30 years ago today, April 29, 1983, The Replacements released their second full-length album Hootenanny on Twin-Tone Records. The band was still a record shy of becoming the under-achieving, over-intoxicated media-darlings that they would be with their next album, the groundbreaking Let it Be, but Hootenanny certainly paved the way and set the stage, and it holds a special place in hearts of `mats fans to this day.

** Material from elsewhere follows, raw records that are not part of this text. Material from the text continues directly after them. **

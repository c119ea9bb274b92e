-- ===== src/Broker/Router/Shape.antt =====
-- internal/broker/router.go: a successful Plan, taken apart.
use mathlib.Core.Option.{some}
use sroiaaa.Base.{false, ◌≡◌, arith, ok, bind-ok, refuse_if-ok, ok-injective, not, ◌&&◌, refuse_if}
use sroiaaa.Base.Text.{UnicodeTables}
use sroiaaa.Broker.Types.{
  Intent, fleet_inventory, other, RouteRequest, RouteStep, RoutePlan, invalid_request,
  source_for_intent,
}
use sroiaaa.Broker.Since.{Instant, Calendar}
use sroiaaa.Broker.Router.{
  Router, Window, new_plan, step_for, plan, parse_window, takes_selectors, has_selectors,
}

module _ (tables : UnicodeTables) (cal : Calendar) (r : Router) where
  pub step_for-source :
      (w : Window) (i : Intent) (request : RouteRequest) (step : RouteStep)
      → step_for tables cal r w i request ≡ ok step
      → source_for_intent i ≡ some step.source
  unfolding step_for source_for_intent
  step_for-source w fleet_inventory request p h = ground arith
  step_for-source w (other s) request p h = cc
  step_for-source w _ request p h = ground arith

  -- A successful Plan, taken apart.
  pub record Planned (now_since now_until : Instant) (request : RouteRequest) (p : RoutePlan)
      : Type 0 where
    pub window : Window
    pub step : RouteStep
    pub windowed : parse_window tables cal now_since now_until request ≡ ok window
    pub selectors : not (takes_selectors request.intent) && has_selectors request ≡ false
    pub stepped : step_for tables cal r window request.intent request ≡ ok step
    pub made : new_plan request.intent step ≡ p

  pub plan_inv :
      (now_since now_until : Instant) (request : RouteRequest) (p : RoutePlan)
      → plan tables cal r now_since now_until request ≡ ok p
      → Planned now_since now_until request p
  unfolding plan
  plan_inv now_since now_until request p h =
      let (w, ew, h1) = bind-ok (parse_window tables cal now_since now_until request) _ h in
      let (_, es, h2) =
        bind-ok
          (refuse_if (not (takes_selectors request.intent) && has_selectors request)
            invalid_request)
          _ h1 in
      let (step, e, h3) = bind-ok (step_for tables cal r w request.intent request) _ h2 in
      record {
        window = w;
        step = step;
        windowed = ew;
        selectors = refuse_if-ok _ _ es;
        stepped = e;
        made = ok-injective h3;
      }

  pub plan_intro :
      (now_since now_until : Instant) (request : RouteRequest) (p : RoutePlan)
      → Planned now_since now_until request p
      → plan tables cal r now_since now_until request ≡ ok p
  unfolding plan
  plan_intro now_since now_until request p h = rw (h.windowed, h.selectors, h.stepped, h.made)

Hootenanny came less than a year after Stink!, an 8-song EP that is as rough, raw, fast, and gritty as the band ever got. Front-man/singer/songwriter Paul Westerberg was showing increasing signs that he was capable of writing more than fast, funny punk songs, and a budding creative force was starting to emerge. Songs like “Within Your Reach,” a solo Westerberg + drum machine track with a cheap flanger-drenched guitar, showed listeners that this guy could pull at their heart-strings every bit as hard as he could pull at the Doc Marten laces of the punks who were slam dancing to songs like “Run It,” “You Lose,” and the under-rated “Heyday.”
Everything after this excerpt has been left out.